**What is required:** Somewhere below, one line contains "-- unknown command, and" and a later line contains "-- The test". Output those two lines and everything between them exactly, and nothing else.
** The input follows **
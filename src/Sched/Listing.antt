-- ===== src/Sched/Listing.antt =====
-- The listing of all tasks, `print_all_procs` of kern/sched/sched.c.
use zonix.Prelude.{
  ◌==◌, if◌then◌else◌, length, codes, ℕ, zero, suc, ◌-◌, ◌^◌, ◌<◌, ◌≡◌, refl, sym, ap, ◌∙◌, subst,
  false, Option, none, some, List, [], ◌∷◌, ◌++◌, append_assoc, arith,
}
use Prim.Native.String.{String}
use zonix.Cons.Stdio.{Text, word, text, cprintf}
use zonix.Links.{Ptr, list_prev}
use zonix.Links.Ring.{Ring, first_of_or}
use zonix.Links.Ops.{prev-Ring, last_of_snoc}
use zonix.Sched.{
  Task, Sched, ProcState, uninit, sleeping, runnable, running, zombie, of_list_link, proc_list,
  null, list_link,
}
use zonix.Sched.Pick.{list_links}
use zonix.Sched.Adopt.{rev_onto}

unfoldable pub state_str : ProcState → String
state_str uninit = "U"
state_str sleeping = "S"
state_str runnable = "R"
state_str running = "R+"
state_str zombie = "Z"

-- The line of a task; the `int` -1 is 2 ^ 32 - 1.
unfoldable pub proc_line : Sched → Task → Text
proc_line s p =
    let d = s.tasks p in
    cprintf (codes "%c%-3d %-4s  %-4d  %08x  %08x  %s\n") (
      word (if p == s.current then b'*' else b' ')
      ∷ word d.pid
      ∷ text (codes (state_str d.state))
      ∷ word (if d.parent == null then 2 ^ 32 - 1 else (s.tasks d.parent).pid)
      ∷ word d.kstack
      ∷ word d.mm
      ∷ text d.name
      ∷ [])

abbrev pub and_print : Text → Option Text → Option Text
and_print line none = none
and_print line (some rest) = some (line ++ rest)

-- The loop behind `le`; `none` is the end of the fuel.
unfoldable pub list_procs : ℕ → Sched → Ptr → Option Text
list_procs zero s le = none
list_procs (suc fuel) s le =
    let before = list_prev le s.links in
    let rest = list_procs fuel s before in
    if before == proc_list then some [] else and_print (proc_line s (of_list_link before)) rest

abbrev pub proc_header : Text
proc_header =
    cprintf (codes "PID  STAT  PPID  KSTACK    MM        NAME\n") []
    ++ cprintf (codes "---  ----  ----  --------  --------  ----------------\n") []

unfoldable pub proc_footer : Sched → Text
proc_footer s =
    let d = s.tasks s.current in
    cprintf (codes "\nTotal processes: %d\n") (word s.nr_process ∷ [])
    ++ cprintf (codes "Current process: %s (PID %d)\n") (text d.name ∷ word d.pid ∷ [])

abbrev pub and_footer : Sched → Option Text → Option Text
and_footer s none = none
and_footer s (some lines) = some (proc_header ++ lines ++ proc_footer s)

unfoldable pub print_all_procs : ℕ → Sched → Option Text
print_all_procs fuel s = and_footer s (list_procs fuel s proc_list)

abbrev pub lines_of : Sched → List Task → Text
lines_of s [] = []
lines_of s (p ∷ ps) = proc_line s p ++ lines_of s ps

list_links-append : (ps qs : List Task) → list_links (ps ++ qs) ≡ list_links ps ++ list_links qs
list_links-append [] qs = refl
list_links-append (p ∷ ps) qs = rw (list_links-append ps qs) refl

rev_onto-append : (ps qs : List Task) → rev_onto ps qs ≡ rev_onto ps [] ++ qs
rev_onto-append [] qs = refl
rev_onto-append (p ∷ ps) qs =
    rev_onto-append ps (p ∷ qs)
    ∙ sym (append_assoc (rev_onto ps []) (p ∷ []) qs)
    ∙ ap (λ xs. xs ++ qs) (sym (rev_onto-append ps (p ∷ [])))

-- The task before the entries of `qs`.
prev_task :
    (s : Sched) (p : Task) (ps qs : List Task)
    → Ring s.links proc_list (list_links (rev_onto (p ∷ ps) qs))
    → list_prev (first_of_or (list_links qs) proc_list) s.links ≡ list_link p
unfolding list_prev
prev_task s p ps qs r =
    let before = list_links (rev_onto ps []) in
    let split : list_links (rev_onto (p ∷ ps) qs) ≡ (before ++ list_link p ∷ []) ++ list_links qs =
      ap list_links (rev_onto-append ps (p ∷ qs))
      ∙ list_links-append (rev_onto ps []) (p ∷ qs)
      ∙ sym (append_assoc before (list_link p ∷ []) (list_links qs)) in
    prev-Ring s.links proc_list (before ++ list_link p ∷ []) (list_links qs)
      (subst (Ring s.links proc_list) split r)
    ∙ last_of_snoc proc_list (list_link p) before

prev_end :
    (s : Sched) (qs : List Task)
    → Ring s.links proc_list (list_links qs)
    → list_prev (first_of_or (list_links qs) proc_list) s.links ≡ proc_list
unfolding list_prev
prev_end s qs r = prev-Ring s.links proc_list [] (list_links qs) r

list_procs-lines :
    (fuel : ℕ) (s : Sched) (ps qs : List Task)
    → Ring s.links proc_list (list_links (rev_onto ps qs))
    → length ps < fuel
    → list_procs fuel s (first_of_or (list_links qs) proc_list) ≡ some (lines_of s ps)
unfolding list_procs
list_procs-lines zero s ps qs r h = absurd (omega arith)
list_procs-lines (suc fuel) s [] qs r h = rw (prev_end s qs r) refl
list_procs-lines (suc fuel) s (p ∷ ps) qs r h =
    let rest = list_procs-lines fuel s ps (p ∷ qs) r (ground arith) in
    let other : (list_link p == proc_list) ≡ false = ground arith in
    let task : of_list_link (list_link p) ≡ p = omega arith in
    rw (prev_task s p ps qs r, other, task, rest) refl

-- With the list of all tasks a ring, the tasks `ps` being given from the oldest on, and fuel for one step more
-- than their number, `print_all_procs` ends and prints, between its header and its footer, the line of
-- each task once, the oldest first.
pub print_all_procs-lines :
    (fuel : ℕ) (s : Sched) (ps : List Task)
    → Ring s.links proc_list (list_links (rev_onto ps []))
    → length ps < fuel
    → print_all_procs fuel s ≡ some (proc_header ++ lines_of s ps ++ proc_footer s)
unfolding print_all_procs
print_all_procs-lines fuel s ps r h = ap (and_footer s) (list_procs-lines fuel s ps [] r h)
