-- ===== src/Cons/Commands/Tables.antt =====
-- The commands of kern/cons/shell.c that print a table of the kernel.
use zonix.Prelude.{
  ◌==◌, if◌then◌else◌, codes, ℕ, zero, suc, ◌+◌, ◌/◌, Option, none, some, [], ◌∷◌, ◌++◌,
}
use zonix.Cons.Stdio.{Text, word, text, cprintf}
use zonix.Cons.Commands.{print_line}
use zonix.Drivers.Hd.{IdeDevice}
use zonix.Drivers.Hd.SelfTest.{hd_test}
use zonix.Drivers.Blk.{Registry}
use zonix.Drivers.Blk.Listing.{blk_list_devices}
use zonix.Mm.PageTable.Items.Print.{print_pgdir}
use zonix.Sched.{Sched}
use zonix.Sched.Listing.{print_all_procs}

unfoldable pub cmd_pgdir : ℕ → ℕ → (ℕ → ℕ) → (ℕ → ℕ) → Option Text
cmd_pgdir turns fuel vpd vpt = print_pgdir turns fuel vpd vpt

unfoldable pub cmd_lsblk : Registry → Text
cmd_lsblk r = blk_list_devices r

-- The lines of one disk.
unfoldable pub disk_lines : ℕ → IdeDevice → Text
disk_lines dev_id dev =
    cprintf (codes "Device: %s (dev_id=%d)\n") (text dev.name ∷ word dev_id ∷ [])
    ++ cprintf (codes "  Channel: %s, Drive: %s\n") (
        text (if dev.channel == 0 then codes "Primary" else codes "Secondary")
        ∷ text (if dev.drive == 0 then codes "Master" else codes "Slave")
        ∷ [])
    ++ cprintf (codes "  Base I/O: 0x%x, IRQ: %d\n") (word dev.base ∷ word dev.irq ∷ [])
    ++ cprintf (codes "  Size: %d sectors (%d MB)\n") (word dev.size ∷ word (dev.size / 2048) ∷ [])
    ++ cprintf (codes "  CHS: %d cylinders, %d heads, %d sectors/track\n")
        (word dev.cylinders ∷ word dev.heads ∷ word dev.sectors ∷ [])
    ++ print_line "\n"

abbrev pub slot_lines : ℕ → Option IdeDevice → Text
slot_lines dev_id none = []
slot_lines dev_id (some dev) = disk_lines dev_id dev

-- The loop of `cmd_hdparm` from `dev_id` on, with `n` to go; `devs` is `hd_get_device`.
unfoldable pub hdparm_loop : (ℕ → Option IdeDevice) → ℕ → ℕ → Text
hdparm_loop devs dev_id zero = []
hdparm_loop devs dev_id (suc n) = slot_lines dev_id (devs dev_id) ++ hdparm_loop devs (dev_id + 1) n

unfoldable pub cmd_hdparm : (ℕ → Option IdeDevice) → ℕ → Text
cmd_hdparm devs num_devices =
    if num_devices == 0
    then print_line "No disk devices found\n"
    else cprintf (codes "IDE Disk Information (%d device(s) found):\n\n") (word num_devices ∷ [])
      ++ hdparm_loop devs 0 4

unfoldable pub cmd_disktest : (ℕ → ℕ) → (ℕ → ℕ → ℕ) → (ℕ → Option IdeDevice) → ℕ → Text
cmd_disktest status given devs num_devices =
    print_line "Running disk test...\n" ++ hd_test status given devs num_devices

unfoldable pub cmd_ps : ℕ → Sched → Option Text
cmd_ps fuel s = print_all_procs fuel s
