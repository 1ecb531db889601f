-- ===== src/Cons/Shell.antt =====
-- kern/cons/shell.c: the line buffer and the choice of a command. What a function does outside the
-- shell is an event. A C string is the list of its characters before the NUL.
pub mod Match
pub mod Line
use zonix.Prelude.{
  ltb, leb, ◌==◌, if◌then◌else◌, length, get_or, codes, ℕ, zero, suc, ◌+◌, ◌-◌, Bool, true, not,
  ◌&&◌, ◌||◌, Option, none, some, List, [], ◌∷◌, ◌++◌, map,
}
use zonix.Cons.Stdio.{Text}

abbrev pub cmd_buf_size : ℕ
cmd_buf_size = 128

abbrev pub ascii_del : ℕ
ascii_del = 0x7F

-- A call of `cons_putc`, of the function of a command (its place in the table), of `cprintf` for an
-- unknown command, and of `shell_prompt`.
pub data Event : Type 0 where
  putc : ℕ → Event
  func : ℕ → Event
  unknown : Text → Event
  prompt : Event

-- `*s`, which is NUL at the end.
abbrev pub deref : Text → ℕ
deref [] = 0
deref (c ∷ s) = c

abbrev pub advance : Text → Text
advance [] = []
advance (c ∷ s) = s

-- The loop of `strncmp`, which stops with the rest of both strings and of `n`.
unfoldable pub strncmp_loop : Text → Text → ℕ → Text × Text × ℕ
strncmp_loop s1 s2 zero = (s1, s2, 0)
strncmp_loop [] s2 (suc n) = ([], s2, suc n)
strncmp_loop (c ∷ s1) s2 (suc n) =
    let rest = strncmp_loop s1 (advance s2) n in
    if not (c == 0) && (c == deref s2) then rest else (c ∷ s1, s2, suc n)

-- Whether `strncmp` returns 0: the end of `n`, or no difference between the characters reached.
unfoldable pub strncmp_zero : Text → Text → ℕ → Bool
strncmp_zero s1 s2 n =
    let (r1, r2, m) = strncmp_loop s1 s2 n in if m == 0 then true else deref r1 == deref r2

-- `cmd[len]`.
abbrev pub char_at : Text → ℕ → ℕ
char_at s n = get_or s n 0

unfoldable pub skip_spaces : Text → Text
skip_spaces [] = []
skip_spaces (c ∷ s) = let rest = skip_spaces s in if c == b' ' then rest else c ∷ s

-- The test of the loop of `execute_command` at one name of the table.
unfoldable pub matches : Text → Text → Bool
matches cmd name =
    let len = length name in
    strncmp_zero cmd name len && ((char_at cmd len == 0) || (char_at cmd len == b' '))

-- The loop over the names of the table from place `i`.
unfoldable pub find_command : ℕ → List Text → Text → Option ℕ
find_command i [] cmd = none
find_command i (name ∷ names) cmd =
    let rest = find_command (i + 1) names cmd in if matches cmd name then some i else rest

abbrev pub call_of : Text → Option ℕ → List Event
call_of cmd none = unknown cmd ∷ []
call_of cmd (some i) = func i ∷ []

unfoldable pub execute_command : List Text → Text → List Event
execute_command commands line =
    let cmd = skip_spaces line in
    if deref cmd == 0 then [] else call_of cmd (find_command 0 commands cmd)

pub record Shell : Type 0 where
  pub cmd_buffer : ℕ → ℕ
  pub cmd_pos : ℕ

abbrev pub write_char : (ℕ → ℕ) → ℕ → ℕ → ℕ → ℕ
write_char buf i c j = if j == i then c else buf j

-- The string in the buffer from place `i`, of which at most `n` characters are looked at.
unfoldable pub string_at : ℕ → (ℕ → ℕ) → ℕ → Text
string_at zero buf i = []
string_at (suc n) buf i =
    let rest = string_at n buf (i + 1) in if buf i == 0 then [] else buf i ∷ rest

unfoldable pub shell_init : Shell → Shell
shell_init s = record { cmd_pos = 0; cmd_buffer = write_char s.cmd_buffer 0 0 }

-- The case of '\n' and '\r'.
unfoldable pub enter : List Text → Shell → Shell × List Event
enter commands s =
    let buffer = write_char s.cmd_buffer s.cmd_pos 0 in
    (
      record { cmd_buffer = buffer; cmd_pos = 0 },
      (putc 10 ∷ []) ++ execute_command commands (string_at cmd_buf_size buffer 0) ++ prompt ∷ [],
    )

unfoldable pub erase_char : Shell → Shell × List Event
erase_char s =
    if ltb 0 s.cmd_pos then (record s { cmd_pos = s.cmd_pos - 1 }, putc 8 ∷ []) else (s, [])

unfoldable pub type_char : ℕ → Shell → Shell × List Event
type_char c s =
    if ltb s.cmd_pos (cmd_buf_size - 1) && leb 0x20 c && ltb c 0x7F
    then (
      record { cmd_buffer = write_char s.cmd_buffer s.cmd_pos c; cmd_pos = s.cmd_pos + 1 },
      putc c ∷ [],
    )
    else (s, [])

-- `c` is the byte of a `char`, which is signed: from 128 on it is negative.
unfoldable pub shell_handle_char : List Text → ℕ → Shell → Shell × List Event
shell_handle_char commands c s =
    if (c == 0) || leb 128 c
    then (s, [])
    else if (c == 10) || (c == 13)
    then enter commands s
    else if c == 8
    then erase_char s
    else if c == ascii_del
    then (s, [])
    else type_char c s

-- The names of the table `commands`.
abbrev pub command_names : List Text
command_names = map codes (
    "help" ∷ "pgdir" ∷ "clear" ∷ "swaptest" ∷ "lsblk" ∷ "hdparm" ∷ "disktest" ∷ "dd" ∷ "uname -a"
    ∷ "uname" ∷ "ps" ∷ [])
** End of The input **
**Response area:**
-- unknown command, and of `shell_prompt`.
pub data Event : Type 0 where
  putc : ℕ → Event
  func : ℕ → Event
  unknown : Text → Event
  prompt : Event

-- `*s`, which is NUL at the end.
abbrev pub deref : Text → ℕ
deref [] = 0
deref (c ∷ s) = c

abbrev pub advance : Text → Text
advance [] = []
advance (c ∷ s) = s

-- The loop of `strncmp`, which stops with the rest of both strings and of `n`.
unfoldable pub strncmp_loop : Text → Text → ℕ → Text × Text × ℕ
strncmp_loop s1 s2 zero = (s1, s2, 0)
strncmp_loop [] s2 (suc n) = ([], s2, suc n)
strncmp_loop (c ∷ s1) s2 (suc n) =
    let rest = strncmp_loop s1 (advance s2) n in
    if not (c == 0) && (c == deref s2) then rest else (c ∷ s1, s2, suc n)

-- Whether `strncmp` returns 0: the end of `n`, or no difference between the characters reached.
unfoldable pub strncmp_zero : Text → Text → ℕ → Bool
strncmp_zero s1 s2 n =
    let (r1, r2, m) = strncmp_loop s1 s2 n in if m == 0 then true else deref r1 == deref r2

-- `cmd[len]`.
abbrev pub char_at : Text → ℕ → ℕ
char_at s n = get_or s n 0

unfoldable pub skip_spaces : Text → Text
skip_spaces [] = []
skip_spaces (c ∷ s) = let rest = skip_spaces s in if c == b' ' then rest else c ∷ s

-- The test of the loop of `execute_command` at one name of the table.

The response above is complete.